What to work on - Write out each entry word for word.

Data provided -
——
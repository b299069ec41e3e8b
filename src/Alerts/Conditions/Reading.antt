-- ===== src/Alerts/Conditions/Reading.antt =====
-- alerts/alerts_utils.rs: what SQL reads in a literal. In a string literal two
-- quotes are one, and one quote ends it; in a pattern with the escape character `\`, the character
-- after it stands for itself, `%` for any text and `_` for any character.
use parseable.Prelude.{
  ℕ, ◌≡◌, Bool, true, false, Option, none, some, List, [], ◌∷◌, if◌then◌else◌, eqb,
}
use parseable.Alerts.Conditions.{quote, percent, underscore, backslash}

pub data Token : Type 0 where
  character : ℕ → Token
  any_text any_character : Token

abbrev pub push : ℕ → Option (List ℕ × List ℕ) → Option (List ℕ × List ℕ)
push c none = none
push c (some (text, rest)) = some (c ∷ text, rest)

-- The text of a literal after its first quote, and what follows the literal; `after_quote` is whether
-- the last character was a quote that may end it.
abbrev pub read_text : (after_quote : Bool) → List ℕ → Option (List ℕ × List ℕ)
read_text false [] = none
read_text true [] = some ([], [])
read_text false (c ∷ cs) =
    let rest = read_text (eqb c quote) cs in if eqb c quote then rest else push c rest
read_text true (c ∷ cs) =
    let rest = read_text false cs in if eqb c quote then push quote rest else some ([], c ∷ cs)

abbrev pub token : ℕ → Token
token c =
    if eqb c percent then any_text else if eqb c underscore then any_character else character c

abbrev pub push_token : Token → Option (List Token) → Option (List Token)
push_token t none = none
push_token t (some ts) = some (t ∷ ts)

abbrev pub read_pattern : (escaped : Bool) → List ℕ → Option (List Token)
read_pattern false [] = some []
read_pattern true [] = none
read_pattern false (c ∷ cs) =
    let rest = read_pattern (eqb c backslash) cs in
    if eqb c backslash then rest else push_token (token c) rest
read_pattern true (c ∷ cs) = push_token (character c) (read_pattern false cs)

abbrev pub pattern_and_rest : Option (List ℕ × List ℕ) → Option (Option (List Token) × List ℕ)
pattern_and_rest none = none
pattern_and_rest (some (text, rest)) = some (read_pattern false text, rest)

-- What a literal reads as, and the pattern of one.
unfoldable pub read_literal : List ℕ → Option (List ℕ × List ℕ)
read_literal [] = none
read_literal (c ∷ cs) = if eqb c quote then read_text false cs else none

unfoldable pub read_like : List ℕ → Option (Option (List Token) × List ℕ)
unfolding read_literal
read_like cs = pattern_and_rest (read_literal cs)

-- What is after a literal starts with no quote.
pub data IsClear : List ℕ → Type 0 where
  ends : IsClear []
  goes_on : {c : ℕ} {cs : List ℕ} → eqb c quote ≡ false → IsClear (c ∷ cs)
——
Response area -
repository b299069ec41e3e8b
filename src/Alerts/Conditions/Reading.antt
-- ===== src/Alerts/Conditions/Reading.antt =====
-- alerts/alerts_utils.rs: what SQL reads in a literal. In a string literal two
-- quotes are one, and one quote ends it; in a pattern with the escape character `\`, the character
-- after it stands for itself, `%` for any text and `_` for any character.
use parseable.Prelude.{
  ℕ, ◌≡◌, Bool, true, false, Option, none, some, List, [], ◌∷◌, if◌then◌else◌, eqb,
}
use parseable.Alerts.Conditions.{quote, percent, underscore, backslash}

pub data Token : Type 0 where
  character : ℕ → Token
  any_text any_character : Token

abbrev pub push : ℕ → Option (List ℕ × List ℕ) → Option (List ℕ × List ℕ)
push c none = none
push c (some (text, rest)) = some (c ∷ text, rest)

-- The text of a literal after its first quote, and what follows the literal; `after_quote` is whether
-- the last character was a quote that may end it.
abbrev pub read_text : (after_quote : Bool) → List ℕ → Option (List ℕ × List ℕ)
read_text false [] = none
read_text true [] = some ([], [])
read_text false (c ∷ cs) =
    let rest = read_text (eqb c quote) cs in if eqb c quote then rest else push c rest
read_text true (c ∷ cs) =
    let rest = read_text false cs in if eqb c quote then push quote rest else some ([], c ∷ cs)

abbrev pub token : ℕ → Token
token c =
    if eqb c percent then any_text else if eqb c underscore then any_character else character c

abbrev pub push_token : Token → Option (List Token) → Option (List Token)
push_token t none = none
push_token t (some ts) = some (t ∷ ts)

abbrev pub read_pattern : (escaped : Bool) → List ℕ → Option (List Token)
read_pattern false [] = some []
read_pattern true [] = none
read_pattern false (c ∷ cs) =
    let rest = read_pattern (eqb c backslash) cs in
    if eqb c backslash then rest else push_token (token c) rest
read_pattern true (c ∷ cs) = push_token (character c) (read_pattern false cs)

abbrev pub pattern_and_rest : Option (List ℕ × List ℕ) → Option (Option (List Token) × List ℕ)
pattern_and_rest none = none
pattern_and_rest (some (text, rest)) = some (read_pattern false text, rest)

-- What a literal reads as, and the pattern of one.
unfoldable pub read_literal : List ℕ → Option (List ℕ × List ℕ)
read_literal [] = none
read_literal (c ∷ cs) = if eqb c quote then read_text false cs else none

unfoldable pub read_like : List ℕ → Option (Option (List Token) × List ℕ)
unfolding read_literal
read_like cs = pattern_and_rest (read_literal cs)

-- What is after a literal starts with no quote.
pub data IsClear : List ℕ → Type 0 where
  ends : IsClear []
  goes_on : {c : ℕ} {cs : List ℕ} → eqb c quote ≡ false → IsClear (c ∷ cs)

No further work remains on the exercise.